As we come to Ephesians 4:7-16, we move from saving grace to serving grace, from a community of unity to a celebration of diversity within our community because unity is not the same as uniformity.
7 But grace was given to each one of us according to the measure of Christ’s gift. 8 Therefore it says, “When he ascended on high he led a host of captives, and he gave gifts to men.” 9 (In saying, “He ascended,” what does it mean but that he had also descended into the lower regions, the earth? 10 He who descended is the one who also ascended far above all the heavens, that he might fill all things.) 11 And he gave the apostles, the prophets, the evangelists, the shepherds and teachers, 12 to equip the saints for the work of ministry, for building up the body of Christ, 13 until we all attain to the unity of the faith and of the knowledge of the Son of God, to mature manhood, to the measure of the stature of the fullness of Christ, 14 so that we may no longer be children, tossed to and fro by the waves and carried about by every wind of doctrine, by human cunning, by craftiness in deceitful schemes. 15 Rather, speaking the truth in love, we are to grow up in every way into him who is the head, into Christ, 16 from whom the whole body, joined and held together by every joint with which it is equipped, when each part is working properly, makes the body grow so that it builds itself up in love.
Our big idea for last week was, we all win when we walk as one. Here’s the main point of our passage today: No one can do everything, but everyone can do something.
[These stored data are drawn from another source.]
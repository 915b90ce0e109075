-- ===== src/Extents.antt =====
-- src/extent.c and include/nvalloc/internal/extent.h: the extents of an arena. An extent is a range
-- of pages; an `extents_t` keeps those of one state that are not in use, in a heap for each class of
-- `psizeclasses` and in the order in which they came. An extent is known by the address of its
-- `extent_t`, and `Store` has what stands there.
pub mod Floor
pub mod Inv
pub mod Start
pub mod Insert
pub mod Remove
pub mod Fit
pub mod Extract
use nvalloc.Prelude.{
  ℕ, zero, suc, ◌+◌, ◌-◌, ◌*◌, ◌/◌, ◌%◌, ◌^◌, Bool, true, false, not, ◌&&◌, Option, none, some,
  List, [], ◌∷◌, if◌then◌else◌, ltb, leb, ◌==◌, ◌>>=◌, ◌>>◌, assert, get_elem?, get_or, set,
  replicate, update,
}
use nvalloc.Word.{Word, width, all_zeros}
use nvalloc.Bitmap.{Bitmap, bitmap_ffu, bitmap_set_bits, bitmap_unset_bits}
use nvalloc.Machine.{page_size, u64_mod}
use nvalloc.SizeClass.Table.{max_psz_idx, get_psizeclass, npages_by_idx}
use nvalloc.Containers.{ExtentHeap, ExtentList}

-- `extent_state_t`
pub data ExtentState : Type 0 where
  active : ExtentState
  dirty : ExtentState
  muzzy : ExtentState

abbrev pub same_state : ExtentState → ExtentState → Bool
same_state active active = true
same_state dirty dirty = true
same_state muzzy muzzy = true
same_state a b = false

-- `extent_s`, but for the links of the containers that it is in
pub record Extent : Type 0 where
  pub e_addr : ℕ
  pub size : ℕ
  pub szind : ℕ
  pub state : ExtentState
  pub arena : ℕ
  pub slab : Bool
  pub log : ℕ

abbrev pub Store : Type 0
Store = ℕ → Extent

abbrev pub extent_state_set : Store → ℕ → ExtentState → Store
extent_state_set store e state = update store e (record (store e) { state = state })

-- The largest class that has no more pages than the extent. A `pszind_t` has 32 bits.
unfoldable pub get_psizeclass_floor : ℕ → Option ℕ
get_psizeclass_floor npages = do
  pind ← get_psizeclass npages
  ppind ← get_psizeclass (npages + 1)
  some (if pind == ppind then (pind + 2 ^ 32 - 1) % 2 ^ 32 else pind)

module _ (heap : ExtentHeap) (list : ExtentList) where
  -- `extents_s`, but for its mutex and its statistics
  pub record Extents : Type 0 where
    pub heaps : List heap.Heap
    pub bitmap : Bitmap
    pub lru : list.Ring
    pub npages : ℕ
    pub state : ExtentState
    pub delay_coalesce : Bool

  -- Marking class `MAX_PSZ_IDX` as not empty ends every search of the bitmap.
  unfoldable pub extents_init : ExtentState → Bool → Extents
  extents_init state delay_coalesce = record {
    heaps = replicate (max_psz_idx + 1) heap.new;
    bitmap = bitmap_unset_bits (all_zeros width ∷ []) max_psz_idx;
    lru = list.new;
    npages = 0;
    state = state;
    delay_coalesce = delay_coalesce;
  }

  -- the `for` of `extents_best_fit_locked`, at class `i`
  unfoldable pub best_fit_from : ℕ → Extents → ℕ → ℕ → Option ℕ → Option (Option ℕ)
  best_fit_from zero extents npages i ret = none
  best_fit_from (suc fuel) extents npages i ret =
      let next : Option (Option ℕ) = (do
        j ← bitmap_ffu (get_or extents.bitmap 0 []) (i + 1)
        best_fit_from fuel extents npages j ret) in
      let body : Option (Option ℕ) = (do
        h ← get_elem? extents.heaps i
        assert (not (heap.empty h))
        if extents.delay_coalesce && ltb (npages * 32) (npages_by_idx i)
            then some ret
            else elim ret [
              | none ↦ some (heap.first h)
              | some e ↦ (if i == max_psz_idx - 1 then some (some e) else next)
            ]) in
      if ltb i max_psz_idx then body else some ret

  unfoldable pub extents_best_fit_locked : Extents → ℕ → Option (Option ℕ)
  extents_best_fit_locked extents npages = do
    pind ← get_psizeclass npages
    i ← bitmap_ffu (get_or extents.bitmap 0 []) pind
    best_fit_from (max_psz_idx + 1) extents npages i none

  -- with `NVALLOC_BESTFIT`
  unfoldable pub extents_fit_locked : Extents → ℕ → Option (Option ℕ)
  extents_fit_locked extents npages = extents_best_fit_locked extents npages

  module _ (store : Store) (extents : Extents) (extent : ℕ) where
    unfoldable pub extents_insert_locked : Option Extents
    extents_insert_locked = do
      assert (same_state (store extent).state extents.state)
      assert (not (store extent).slab)
      let size = (store extent).size
      assert (not (size == 0))
      assert (size % page_size == 0)
      pind ← get_psizeclass_floor (size / page_size)
      h ← get_elem? extents.heaps pind
      let bitmap = if heap.empty h then bitmap_unset_bits extents.bitmap pind else extents.bitmap
      some (record extents {
        bitmap = bitmap;
        heaps = set extents.heaps pind (heap.insert (store extent).e_addr extent h);
        lru = list.append extent extents.lru;
        npages = (extents.npages + size / page_size) % u64_mod;
      })

    unfoldable pub extents_remove_locked : Option Extents
    extents_remove_locked = do
      assert (same_state (store extent).state extents.state)
      let size = (store extent).size
      pind ← get_psizeclass_floor (size / page_size)
      h ← get_elem? extents.heaps pind
      let h' = heap.remove extent h
      let bitmap = if heap.empty h' then bitmap_set_bits extents.bitmap pind else extents.bitmap
      some (record extents {
        heaps = set extents.heaps pind h';
        bitmap = bitmap;
        lru = list.remove extent extents.lru;
        npages = (extents.npages + u64_mod - size / page_size) % u64_mod;
      })

    -- `arena` is the one whose extents these are
    unfoldable pub extent_activate_locked : ℕ → Option (Store × Extents)
    extent_activate_locked arena = do
      assert ((store extent).arena == arena)
      assert (same_state (store extent).state extents.state)
      extents' ← extents_remove_locked
      some (extent_state_set store extent active, extents')

  unfoldable pub extent_deactivate_locked : Store → Extents → ℕ → ℕ → Option (Store × Extents)
  extent_deactivate_locked store extents extent arena = do
    assert ((store extent).arena == arena)
    assert (same_state (store extent).state active)
    let store' = extent_state_set store extent extents.state
    extents' ← extents_insert_locked store' extents extent
    some (store', extents')

  -- the extent that the best fit gives, taken out of those not in use
  unfoldable pub extent_recycle_extract :
      Store → Extents → ℕ → ℕ → Option (Option ℕ × Store × Extents)
  extent_recycle_extract store extents npages arena = do
    fit ← extents_fit_locked extents npages
    elim fit [
      | none ↦ some (none, store, extents)
      | some e ↦ extent_activate_locked store extents e arena >>= λ (s, x). some (some e, s, x)
    ]
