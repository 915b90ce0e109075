-- ===== src/Space.antt =====
-- src/extent.c: the extents in the address space. The radix tree has for the first and last page of
-- an extent its `extent_t`, or for every page of a slab the `vslab_t`; extents are split and merged,
-- and pages of slabs registered and cleared.
pub mod Split
pub mod Merge
pub mod Register
pub mod Deregister
pub mod RegisterSlab
use nvalloc.Prelude.{
  ℕ, zero, suc, ◌+◌, ◌-◌, ◌*◌, ◌/◌, Bool, true, false, not, ◌&&◌, ◌||◌, Option, none, some,
  if◌then◌else◌, ltb, ◌==◌, ◌>>=◌, ◌>>◌, assert, update,
}
use nvalloc.Machine.{page_size}
use nvalloc.SizeClass.Table.{max_psz_idx}
use nvalloc.Log.{null}
use nvalloc.Containers.{ExtentTree, LeafElm}
use nvalloc.Extents.{Extent, ExtentState, Store, same_state}

abbrev pub extent_last_get : Extent → ℕ
extent_last_get extent = extent.e_addr + extent.size - page_size

abbrev pub extent_before_get : Extent → ℕ
extent_before_get extent = extent.e_addr - page_size

abbrev pub extent_past_get : Extent → ℕ
extent_past_get extent = extent.e_addr + extent.size

-- what `extent_init` writes; the field `log` keeps what the memory held
abbrev pub extent_init : Extent → ℕ → ℕ → ℕ → Bool → ℕ → ExtentState → Extent
extent_init extent arena addr size slab szind state = record extent {
  arena = arena;
  e_addr = addr;
  size = size;
  slab = slab;
  szind = szind;
  state = state;
}

-- what the assertions of `extent_split_impl` and `extent_register` say of an extent and its slab
abbrev pub slab_matches : Bool → ℕ → Bool
slab_matches slab vslab = (not slab && vslab == null) || (slab && not (vslab == null))

-- what is written to the elements of an extent, of which the last argument is the address
abbrev pub leaf_of : Bool → ℕ → ℕ → ℕ → LeafElm
leaf_of slab vslab szind extent = record {
  extent = if slab then vslab else extent;
  szind = szind;
  slab = slab;
}

-- what a cleared element holds
abbrev pub no_leaf : LeafElm
no_leaf = record { extent = null; szind = max_psz_idx; slab = false }

-- how often the loops run; the bound is `size_t`, and no extent is without a page
abbrev pub inner_pages : Extent → ℕ
inner_pages extent = extent.size / page_size - 2

module _ (tree : ExtentTree) where
  open tree use {Tree, init, has_leaf, read, write}

  pub record Space : Type 0 where
    pub store : Store
    pub rtree : Tree

  -- with `init_missing`: the tree, and whether both elements are there
  unfoldable pub leaf_elms_init : Tree → Extent → Tree × Bool
  leaf_elms_init rtree extent =
      let t = init rtree extent.e_addr in
      let t' = init t (extent_last_get extent) in
      if has_leaf t extent.e_addr then (t', has_leaf t' (extent_last_get extent)) else (t, false)

  -- without it: whether both are there
  abbrev pub leaf_elms_found : Tree → Extent → Bool
  leaf_elms_found rtree extent =
      has_leaf rtree extent.e_addr && has_leaf rtree (extent_last_get extent)

  abbrev pub extent_rtree_write_acquired : Tree → Extent → LeafElm → Tree
  extent_rtree_write_acquired rtree extent leaf =
      write (write rtree extent.e_addr leaf) (extent_last_get extent) leaf

  -- `trail` is the memory that `extent_alloc` returns, if any
  unfoldable pub extent_split_impl :
      Space → Option ℕ → ℕ → ℕ → ℕ → ℕ → Bool → ℕ → ℕ → Bool → ℕ → ℕ → Option (Option ℕ × Space)
  extent_split_impl space none arena extent size_a szind_a slab_a size_b szind_b slab_b vslab_a
        vslab_b =
      do
        assert ((space.store extent).size == size_a + size_b)
        assert (slab_matches slab_a vslab_a)
        assert (slab_matches slab_b vslab_b)
        some (none, space)
  extent_split_impl space (some trail) arena extent size_a szind_a slab_a size_b szind_b slab_b
        vslab_a vslab_b =
      do
        let old = space.store extent
        assert (old.size == size_a + size_b)
        assert (slab_matches slab_a vslab_a)
        assert (slab_matches slab_b vslab_b)
        let behind =
            extent_init (space.store trail) arena (old.e_addr + size_a) size_b slab_b szind_b
              old.state
        let lead = extent_init old arena old.e_addr size_a slab_a szind_a old.state
        let (t, lead_found) = leaf_elms_init space.rtree lead
        let (t', trail_found) = leaf_elms_init t behind
        let store = update space.store trail behind
        let failed : Space = record { store = store; rtree = t' }
        let split : Space = record {
          store = update store extent (record old { size = size_a; szind = szind_a });
          rtree =
              extent_rtree_write_acquired
                (extent_rtree_write_acquired t' lead (leaf_of slab_a vslab_a szind_a extent)) behind
                (leaf_of slab_b vslab_b szind_b trail);
        }
        some (if lead_found && trail_found then (some trail, split) else (none, failed))

  -- Both extents become `a`; the `extent_t` of `b` is freed.
  unfoldable pub extent_merge_impl : Space → ℕ → ℕ → Option Space
  extent_merge_impl space a b = do
    let left = space.store a
    let right = space.store b
    assert (ltb left.e_addr right.e_addr)
    assert (leaf_elms_found space.rtree left)
    assert (leaf_elms_found space.rtree right)
    let t = write (write space.rtree (extent_last_get left) no_leaf) right.e_addr no_leaf
    let merged = record left { size = left.size + right.size; szind = max_psz_idx }
    let leaf = leaf_of false null max_psz_idx a
    some (record {
      store = update space.store a merged;
      rtree = write (write t left.e_addr leaf) (extent_last_get right) leaf;
    })

  -- `rtree_write`: nothing is written where there is no memory for the leaf
  unfoldable pub rtree_write : Tree → ℕ → LeafElm → Option Tree
  rtree_write rtree addr leaf = do
    assert (not (leaf.extent == null))
    let t = init rtree addr
    let written : Option Tree = (do assert ((read t addr).extent == null); some (write t addr leaf))
    if has_leaf t addr then written else some t

  unfoldable pub rtree_clear : Tree → ℕ → Option Tree
  rtree_clear rtree addr = do
    assert (has_leaf rtree addr)
    assert (not ((read rtree addr).extent == null))
    some (write rtree addr no_leaf)

  -- the loops over the pages of a slab but the first and the last: `count` pages from `addr` on
  unfoldable pub write_pages : ℕ → Tree → ℕ → LeafElm → Option Tree
  write_pages zero rtree addr leaf = some rtree
  write_pages (suc count) rtree addr leaf = do
    t ← rtree_write rtree addr leaf
    write_pages count t (addr + page_size) leaf

  unfoldable pub clear_pages : ℕ → Tree → ℕ → Option Tree
  clear_pages zero rtree addr = some rtree
  clear_pages (suc count) rtree addr = do
    t ← rtree_clear rtree addr
    clear_pages count t (addr + page_size)

  unfoldable pub extent_replace_to_vslab : Space → ℕ → ℕ → Option Space
  extent_replace_to_vslab space extent vslab = do
    let e = space.store extent
    assert (leaf_elms_found space.rtree e)
    assert e.slab
    let leaf : LeafElm = record { extent = vslab; szind = e.szind; slab = e.slab }
    some (record space { rtree = extent_rtree_write_acquired space.rtree e leaf })

  -- With its own address for that of a slab the other function is `extent_replace_vslab`.
  abbrev pub extent_replace_vslab : Space → ℕ → Option Space
  extent_replace_vslab space extent = extent_replace_to_vslab space extent extent

  unfoldable pub extent_interior_register : Space → ℕ → ℕ → ℕ → Option Space
  extent_interior_register space extent szind vslab = do
    let e = space.store extent
    assert e.slab
    let leaf : LeafElm = record { extent = vslab; szind = szind; slab = true }
    t ← write_pages (inner_pages e) space.rtree (e.e_addr + page_size) leaf
    extent_replace_to_vslab (record space { rtree = t }) extent vslab

  -- whether it failed, for want of memory
  unfoldable pub extent_register_impl : Space → ℕ → ℕ → Option (Bool × Space)
  extent_register_impl space extent vslab =
      let e = space.store extent in
      let (t, found) = leaf_elms_init space.rtree e in
      let written : Space = record space {
        rtree = extent_rtree_write_acquired t e (leaf_of e.slab vslab e.szind extent);
      } in
      let registered : Option (Bool × Space) = (do
        assert (not e.slab || same_state e.state ExtentState.active)
        s ← (if e.slab then extent_interior_register written extent e.szind vslab else some written)
        some (false, s)) in
      if found then registered else some (true, record space { rtree = t })

  unfoldable pub extent_register : Space → ℕ → ℕ → Option (Bool × Space)
  extent_register space extent vslab =
      assert (slab_matches (space.store extent).slab vslab)
      >> extent_register_impl space extent vslab

  unfoldable pub extent_interior_deregister : Space → ℕ → Option Space
  extent_interior_deregister space extent = do
    let e = space.store extent
    assert e.slab
    t ← clear_pages (inner_pages e) space.rtree (e.e_addr + page_size)
    extent_replace_vslab (record space { rtree = t }) extent

  unfoldable pub extent_deregister : Space → ℕ → Option Space
  extent_deregister space extent = do
    let e = space.store extent
    assert (leaf_elms_found space.rtree e)
    let cleared : Space = record space { rtree = extent_rtree_write_acquired space.rtree e no_leaf }
    if e.slab
        then (do
          s ← extent_interior_deregister cleared extent
          some (record s {
            store = update s.store extent (record (s.store extent) { slab = false });
          }))
        else some cleared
There’s a place for you in this place because there’s a role for every one who has been redeemed.
The Reality of Discovering Spiritual Gifts (7-11)
Before we jump in, it’s helpful to define what a spiritual gift is. Here’s what I wrote down: “A spiritual gift is a special divine empowerment bestowed on each believer by the Holy Spirit to accomplish a given ministry in order to reach the lost or build up believers.”
1. Christ gives gifts to every believer. Let’s begin with verse 7: “But grace was given to each one of us according to the measure of Christ’s gift.” The word “but” serves as a contrast to the first six verses as Paul goes from talking about oneness to how Christ uses each individual Christian in diverse ways. The phrase “grace was given” shows that we can’t earn spiritual gifts because they are given graciously to us. A gift says nothing about the one who receives it, but it does reveal a lot about the character of the giver.
Notice these gifts are given to “to each one of us.” That means no Christian has been forgotten or overlooked. This is reinforced in 1 Corinthians 12:7: “To each is given the manifestation of the Spirit for the common good.” Around 20 different spiritual gifts are spelled out in five different Scripture passages (Ephesians 4:11; 1 Corinthians 12:8-10, 28-30; Romans 12:6-8; and 1 Peter 4:11).
These gifts are given according to the “measure,” or “pleasure” of Christ Himself. He apportions and assigns gifts according to His plans and purposes. Our gifts vary from each other because God’s grace is manifested differently in each of our lives.
In verse 8, Paul anchors the distribution of these gifts to Psalm 68:19, which references the mighty Messiah as a victorious warrior who has returned home with gifts to distribute: “Therefore it says, ‘When He ascended on high he led a host of captives, and He gave gifts to men.’” Since Jesus has defeated death, depravity, and the devil, and is now ascended on high, He shares the spoils of victory with His own.